Tuesday morning I drove up to my childhood home in Idaho Falls to put my mother in a care facility. Now that it's Wednesday night, and I'm writing this completely exhausted from two days of filling out paperwork, moving furniture, and setting up her room, I can tell you that this was the most difficult thing I've had to do in my life.
My mother has been battling mental illness for years. My father had grown incapable of managing her meds and was at the end of his rope, ready to flee with a packed suitcase to lord knows where. He just couldn't take it anymore. And the process was physically exhausting. I hit the road for an eight-hour round trip and had my first care facility appointment at noon. Then another at 1:00. Then a break for lunch and mom's doctor at 3:00 where we asked her, "Do you believe it's time?" And she responded, "Yes."
So we picked out a place, and I got 100-pages of paperwork to fill out (I'm serious). Living will, resuscitation, medicare, insurance, supplemental, social...all kinds of questions. Then came the part where we had to set up the room. This included picking out furniture, moving a 300-pound solid wood dresser, dolls, things that would give my mother some peace in her new home. All the while she was yelling at us, cussing us out, wondering what the hell is going on. Then she fell twice, once outside. My dad just sat on the couch in a "fugue" state and said "Your mother fell down." And then just left her there so that I could go and scoop her up. He refused to answer simple questions. "Which pillow do you think she would like?" His response, "I'm not going to answer questions about that. Your decision."
He washed his hands of even the simplest questions.

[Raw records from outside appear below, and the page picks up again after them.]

-- ===== src/Reference/Chain.antt =====
-- The list of segments in the store, and what adding a node and taking one out do to it.
use concurrent_project.Prelude.{
  ◌∙◌, ℕ, ◌≡◌, ◌≢◌, Option, some, List, [], ◌∷◌, ◌++◌, arith, All, sym, All-append, All-middle,
}
use concurrent_project.Reference.{Block, linked, node}

abbrev pub Blocks : Type 0
Blocks = ℕ → Option Block

-- The pointer to a list's first node.
abbrev pub first : List ℕ → ℕ
first [] = 0
first (x ∷ xs) = x

-- The last of some nodes, with what stands before them.
abbrev pub last : (before : ℕ) → List ℕ → ℕ
last before [] = before
last before (x ∷ xs) = last x xs

-- The nodes `xs` are live, and point to each other in both directions; `before` stands before them.
abbrev pub Linked : Blocks → (before : ℕ) → List ℕ → Type 0
Linked b before [] = Unit {0}
Linked b before (x ∷ xs) = (x ≢ 0) × (b x ≡ some (linked (node before (first xs)))) × Linked b x xs

-- No node stands in the list twice.
abbrev pub Distinct : List ℕ → Type 0
Distinct [] = Unit {0}
Distinct (x ∷ xs) = All (λ y. y ≢ x) xs × Distinct xs

-- A chain survives any change that spares its nodes.
pub Linked-frame :
    (b b' : Blocks) (before : ℕ) (xs : List ℕ)
    → Linked b before xs
    → All (λ y. b' y ≡ b y) xs
    → Linked b' before xs
Linked-frame b b' before [] h same = tt
Linked-frame b b' before (x ∷ xs) (live, here, rest) (same, others) =
    (live, ground (arith, here, same), Linked-frame b b' x xs rest others)

-- What a node that stands behind `before` holds.
abbrev pub Behind : Blocks → (before : ℕ) → List ℕ → Type 0
Behind b before [] = Unit {0}
Behind b before (x ∷ xs) = b x ≡ some (linked (node before (first xs)))

-- What the last of `y ∷ ys` has before it.
abbrev pub previous : (before y : ℕ) → List ℕ → ℕ
previous before y [] = before
previous before y (y2 ∷ ys) = previous y y2 ys

abbrev pub Before : Blocks → (before : ℕ) → List ℕ → (next : ℕ) → Type 0
Before b before [] next = Unit {0}
Before b before (y ∷ ys) next = b (last y ys) ≡ some (linked (node (previous before y ys) next))

pub All-last {ℓ} : (P : ℕ → Type ℓ) (x : ℕ) (xs : List ℕ) → All P (x ∷ xs) → P (last x xs)
All-last P x [] h = h.0
All-last P x (y ∷ xs) h = All-last P y xs h.1

pub All-first {ℓ} : (P : ℕ → Type ℓ) (xs : List ℕ) → P 0 → All P xs → P (first xs)
All-first P [] zero_holds h = zero_holds
All-first P (x ∷ xs) zero_holds h = h.0

-- A node is taken out of the middle: when its neighbours are set to each other and nothing else of the
-- chain changes, the others are linked.
pub Linked-unlink :
    (b b' : Blocks) (before : ℕ) (ys : List ℕ) (x : ℕ) (zs : List ℕ)
    → Linked b before (ys ++ x ∷ zs)
    → Distinct (ys ++ x ∷ zs)
    → ((a : ℕ) → a ≢ last before ys → a ≢ first zs → a ≢ x → b' a ≡ b a)
    → All (λ y. y ≢ before) (ys ++ x ∷ zs)
    → Before b' before ys (first zs)
    → Behind b' (last before ys) zs
    → Linked b' before (ys ++ zs)
Linked-unlink b b' before [] x [] h d same out hb hz = tt
Linked-unlink b b' before [] x (z ∷ zs) (_, _, (live, _, rest)) (dx, (dz, d)) same (_, out) hb hz =
    (live, hz, Linked-frame b b' z zs rest (spared zs dz dx.1 out.1))
  where
    spared :
        (ws : List ℕ)
        → All (λ y. y ≢ z) ws
        → All (λ y. y ≢ x) ws
        → All (λ y. y ≢ before) ws
        → All (λ y. b' y ≡ b y) ws
    spared [] h1 h2 h3 = tt
    spared (w ∷ ws) h1 h2 h3 = (same w h3.0 h1.0 h2.0, spared ws h1.1 h2.1 h3.1)
Linked-unlink b b' before (y ∷ []) x zs (live, here, rest) (dy, d) same out hb hz =
    (live, hb, Linked-unlink b b' y [] x zs rest d same dy tt hz)
Linked-unlink b b' before (y ∷ y2 ∷ ys) x zs (live, here, rest) (dy, d) same out hb hz = (
  live,
  (same y (λ e. (All-last (λ a. a ≢ y) y2 ys (parts.0)) (sym e)) (λ e. first_ne (sym e))
        (λ e. parts.1 (sym e)))
      ∙ here,
  Linked-unlink b b' y (y2 ∷ ys) x zs rest d same dy hb hz,
)
  where
    parts : All (λ a. a ≢ y) (y2 ∷ ys) × (x ≢ y) × All (λ a. a ≢ y) zs
    parts = All-middle (λ a. a ≢ y) (y2 ∷ ys) x zs dy

    first_ne : first zs ≢ y
    first_ne = All-first (λ a. a ≢ y) zs (λ e. live (sym e)) parts.2

-- A node in the middle of the chain, and the one before it.
pub Linked-at :
    (b : Blocks) (before : ℕ) (ys : List ℕ) (x : ℕ) (zs : List ℕ)
    → Linked b before (ys ++ x ∷ zs)
    → (x ≢ 0)
      × (b x ≡ some (linked (node (last before ys) (first zs))))
      × Before b before ys x
      × Linked b x zs
Linked-at b before [] x zs h = (h.0, h.1, tt, h.2)
Linked-at b before (y ∷ []) x zs (live, here, rest) = (rest.0, rest.1, here, rest.2)
Linked-at b before (y ∷ y2 ∷ ys) x zs (live, here, rest) = Linked-at b y (y2 ∷ ys) x zs rest

pub Linked-live : (b : Blocks) (before : ℕ) (xs : List ℕ) → Linked b before xs → All (λ y. y ≢ 0) xs
Linked-live b before [] h = tt
Linked-live b before (x ∷ xs) h = (h.0, Linked-live b x xs h.2)

pub Distinct-middle :
    (ys : List ℕ) (x : ℕ) (zs : List ℕ)
    → Distinct (ys ++ x ∷ zs)
    → All (λ a. a ≢ x) (ys ++ zs) × Distinct (ys ++ zs)
Distinct-middle [] x zs h = h
Distinct-middle (y ∷ ys) x zs (hy, h) =
    let parts = All-middle (λ a. a ≢ y) ys x zs hy in
    let rest = Distinct-middle ys x zs h in
    ((λ e. parts.1 (sym e), rest.0), (All-append (λ a. a ≢ y) ys zs parts.0 parts.2, rest.1))

pub All-split {ℓ} : (P : ℕ → Type ℓ) (xs ys : List ℕ) → All P (xs ++ ys) → All P xs × All P ys
All-split P [] ys h = (tt, h)
All-split P (x ∷ xs) ys h = let rest = All-split P xs ys h.1 in ((h.0, rest.0), rest.1)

Long-term care insurance had been lost. They were buried in one of three shoeboxes filled with hundreds of paper receipts from voided checks that should have been thrown away to receipts for stuff he's bought in the last ten years. Pure chaos. He couldn't find the keys to his truck, couldn't find my mother's dentures, was pretty helpless really.
So my brother and I did it all. We got my mother's clothes labeled with sharpies, we bought cleaning supplies and spit-shined all the furniture going over, we selected all the photographs for her door display so that the residents could see who she was and be curious, we put away her clothes, hung the pictures in her room, connected the television, got her set up for her meds to be delivered already in bubble packs directly from the pharmacy with speed pay, signed all the papers, and then took her there.

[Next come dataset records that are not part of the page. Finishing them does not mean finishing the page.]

-- ===== src/Reference/Destroy.antt =====
-- The end of a region: tm_destroy frees every segment.
use concurrent_project.Prelude.{
  ℕ, zero, suc, ◌<◌, ◌≡◌, ◌≢◌, refl, false, none, some, List, [], ◌∷◌, arith, ◌==◌, All, length,
  Bool-cases, inl, inr,
}
use concurrent_project.Heap.{update}
use concurrent_project.Reference.{Store, release, node_at, free_allocs}
use concurrent_project.Reference.Chain.{Blocks, first, Linked, Distinct, Linked-frame}

-- The blocks with some of them freed.
abbrev pub freed : List ℕ → Blocks → Blocks
freed [] b = b
freed (x ∷ xs) b = freed xs (update b x none)

-- With more fuel than there are nodes the loop ends, and it has freed them.
pub free_allocs-freed :
    (fuel before : ℕ) (xs : List ℕ) (s : Store)
    → length xs < fuel
    → Linked s.blocks before xs
    → Distinct xs
    → free_allocs fuel (first xs) s ≡ some (record s { blocks = freed xs s.blocks })
unfolding free_allocs node_at
free_allocs-freed zero before xs s enough h d = absurd (omega arith)
free_allocs-freed (suc fuel) before [] s enough h d = refl
free_allocs-freed (suc fuel) before (x ∷ xs) s enough (live, here, rest) (dx, d) =
    rw (ne, here, free_allocs)
      (free_allocs-freed fuel x xs (release x s) (omega arith)
        (Linked-frame s.blocks _ x xs rest (spared xs dx)) d)
  where
    ne : (x == 0) ≡ false
    ne = ground (arith, live)

    spared : (ws : List ℕ) → All (λ y. y ≢ x) ws → All (λ y. (release x s).blocks y ≡ s.blocks y) ws
    spared [] h = tt
    spared (w ∷ ws) h = (ground (arith, h.0), spared ws h.1)

-- Freed blocks are not live, and the others are as they were.
pub freed-at :
    (xs : List ℕ) (b base : Blocks)
    → ((a : ℕ) → All (λ y. y ≢ a) xs → b a ≡ base a)
    → All (λ x. base x ≡ none) xs
    → (a : ℕ) → freed xs b a ≡ base a
freed-at [] b base outside h a = outside a tt
freed-at (x ∷ xs) b base outside h a =
    freed-at xs (update b x none) base
      (λ c hc. elim (Bool-cases (x == c)) [
        | inl same ↦ ground (arith, same, h.0)
        | inr other ↦ ground (arith, other, outside c (ground (arith, other), hc))
      ])
      h.1 a
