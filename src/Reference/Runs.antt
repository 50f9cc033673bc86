-- ===== src/Reference/Runs.antt =====
-- Calls of any number of transactions on one region, and an abstract view of it: the list of the nodes
-- of its allocated segments, the latest first.
use concurrent_project.Prelude.{
  ℕ, ◌+◌, ◌-◌, ◌^◌, ◌<◌, ◌≡◌, ◌≢◌, Bool, true, false, Option, none, some, List, [], ◌∷◌, ◌==◌,
  if◌then◌else◌, ◌>>=◌, ◌⊎◌,
}
use concurrent_project.Reference.{
  Store, Region, node_size, read_only_tx, read_write_tx, alloc_align, tm_begin, tm_end, tm_read,
  tm_write, tm_alloc, tm_free,
}

-- A region with the numbers of its transactions that have begun and not ended.
pub record State : Type 0 where
  pub region : Region
  pub store : Store
  pub readers : ℕ
  pub writers : ℕ

pub data Call : Type 0 where
  begins : (is_ro : Bool) → (code : ℕ) → Call
  ends : (tx : ℕ) → Call
  reads : (source size target : ℕ) → Call
  writes : (source size target : ℕ) → Call
  allocs : (memalign : (align size : ℕ) → Option ℕ) → (size : ℕ) → Call
  frees : (segment : ℕ) → Call

-- One for a test that holds.
abbrev pub one_if : Bool → ℕ
one_if b = if b then 1 else 0

-- A begin that has to wait changes nothing and may be called again. `none` is a fault.
unfoldable pub perform : Call → State → Option State
perform (begins is_ro code) st = elim (tm_begin is_ro code st.region) [
  | none ↦ some st
  | some (tx, r) ↦ some (record st {
    region = r;
    readers = st.readers + one_if (tx == read_only_tx);
    writers = st.writers + one_if (tx == read_write_tx);
  })
]
perform (ends tx) st = some (record st {
  region = (tm_end tx st.region).1;
  readers = st.readers - one_if (tx == read_only_tx);
  writers = st.writers - one_if (tx == read_write_tx);
})
perform (reads source size target) st =
    some (record st { store = (tm_read source size target st.store).1 })
perform (writes source size target) st =
    some (record st { store = (tm_write source size target st.store).1 })
perform (allocs memalign size) st = do
  (result, target, r, s) ← tm_alloc memalign size st.region st.store
  some (record st { region = r; store = s })
perform (frees segment) st = do
  (ok, r, s) ← tm_free segment st.region st.store
  some (record st { region = r; store = s })

unfoldable pub run : List Call → State → Option State
unfolding perform
run [] st = some st
run (c ∷ calls) st = elim (perform c st) [ none ↦ none | some st' ↦ run calls st' ]

-- The same calls on the abstract list.
unfoldable pub remove : ℕ → List ℕ → List ℕ
remove x [] = []
remove x (y ∷ ys) = if y == x then ys else y ∷ remove x ys

abbrev pub given : Option ℕ → List ℕ → List ℕ
given none xs = xs
given (some sn) xs = sn ∷ xs

unfoldable pub abstract_call : (align : ℕ) → Call → List ℕ → List ℕ
unfolding remove
abstract_call align (allocs memalign size) xs =
    given (memalign (alloc_align align) (node_size + size)) xs
abstract_call align (frees segment) xs = remove (segment - node_size) xs
abstract_call align (begins is_ro code) xs = xs
abstract_call align (ends tx) xs = xs
abstract_call align (reads source size target) xs = xs
abstract_call align (writes source size target) xs = xs

unfoldable pub replay : (align : ℕ) → List Call → List ℕ → List ℕ
unfolding abstract_call
replay align [] xs = xs
replay align (c ∷ calls) xs = replay align calls (abstract_call align c xs)

-- A node of the abstract list.
abbrev pub has : ℕ → List ℕ → Bool
has x [] = false
has x (y ∷ ys) = if y == x then true else has x ys

-- What the interface asks of its callers, and POSIX promises of an allocation: a transaction that ends
-- is live; one that writes, allocates or frees is read-write and live; what is freed is a segment; and a
-- new block is not null, not in use, and inside the address space.
abbrev pub Allowed : Call → State → List ℕ → Type 0
Allowed (begins is_ro code) st xs = Unit {0}
Allowed (ends tx) st xs =
    ((tx ≡ read_only_tx) × (0 < st.readers)) ⊎ ((tx ≡ read_write_tx) × (0 < st.writers))
Allowed (reads source size target) st xs = Unit {0}
Allowed (writes source size target) st xs = 0 < st.writers
Allowed (allocs memalign size) st xs =
    (0 < st.writers)
    × ((sn : ℕ)
        → memalign (alloc_align st.region.align) (node_size + size) ≡ some sn
        → (sn ≢ 0) × (st.store.blocks sn ≡ none) × (sn + node_size + size < 2 ^ 64))
Allowed (frees segment) st xs =
    (0 < st.writers) × ((x : ℕ) × (segment ≡ x + node_size) × (has x xs ≡ true))

abbrev pub AllAllowed : List Call → State → List ℕ → Type 0
AllAllowed [] st xs = Unit {0}
AllAllowed (c ∷ calls) st xs =
    Allowed c st xs
    × ((st' : State)
        → perform c st ≡ some st'
        → AllAllowed calls st' (abstract_call st.region.align c xs))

I got emotional driving her there. She thought we were going to iHop which is one of her favorite restaurants. When we ended up at the nursing home, she knew what this place was, despite all of her mental issues. So I cried...I tried to stop it, but I couldn't.
If you ever have to commit your mother to a facility, I know your pain. My mother loves me so much. Though most of her is gone, this is one of those milestones where you know that a loved one's life left on this earth has grown short. And despite this love, I couldn't take her home. She wanted to go home to the dog she loves, to the place where she was comfortable, and she isn't going to go home ever again. This facility is now her home. I had to move out of state to find a job. I can only visit twice a year because of vacation. And you simply cannot live in this country if you don't have a job. So there's a mandatory 40-hours of my week that is gone. And honestly, there's no way I could care for her even if I lived locally.
So yeah, this week has been hell. I'll remember it for the rest of my life. I think she'll make new friends and lead a healthier more social lifestyle so perhaps this will be a good fit. The home I put her in seemed like a really good one.
Anyway, if I haven't had time to visit your blogs this week, this is why. This is what I've been doing. I've got one more day to wrap up and finalize some things, take my mom to a doctor's appointment, and replace a phone that I dropped accidentally in the hot tub at the hotel I'm staying at. Sigh. When this week is over, it shall be a big relief.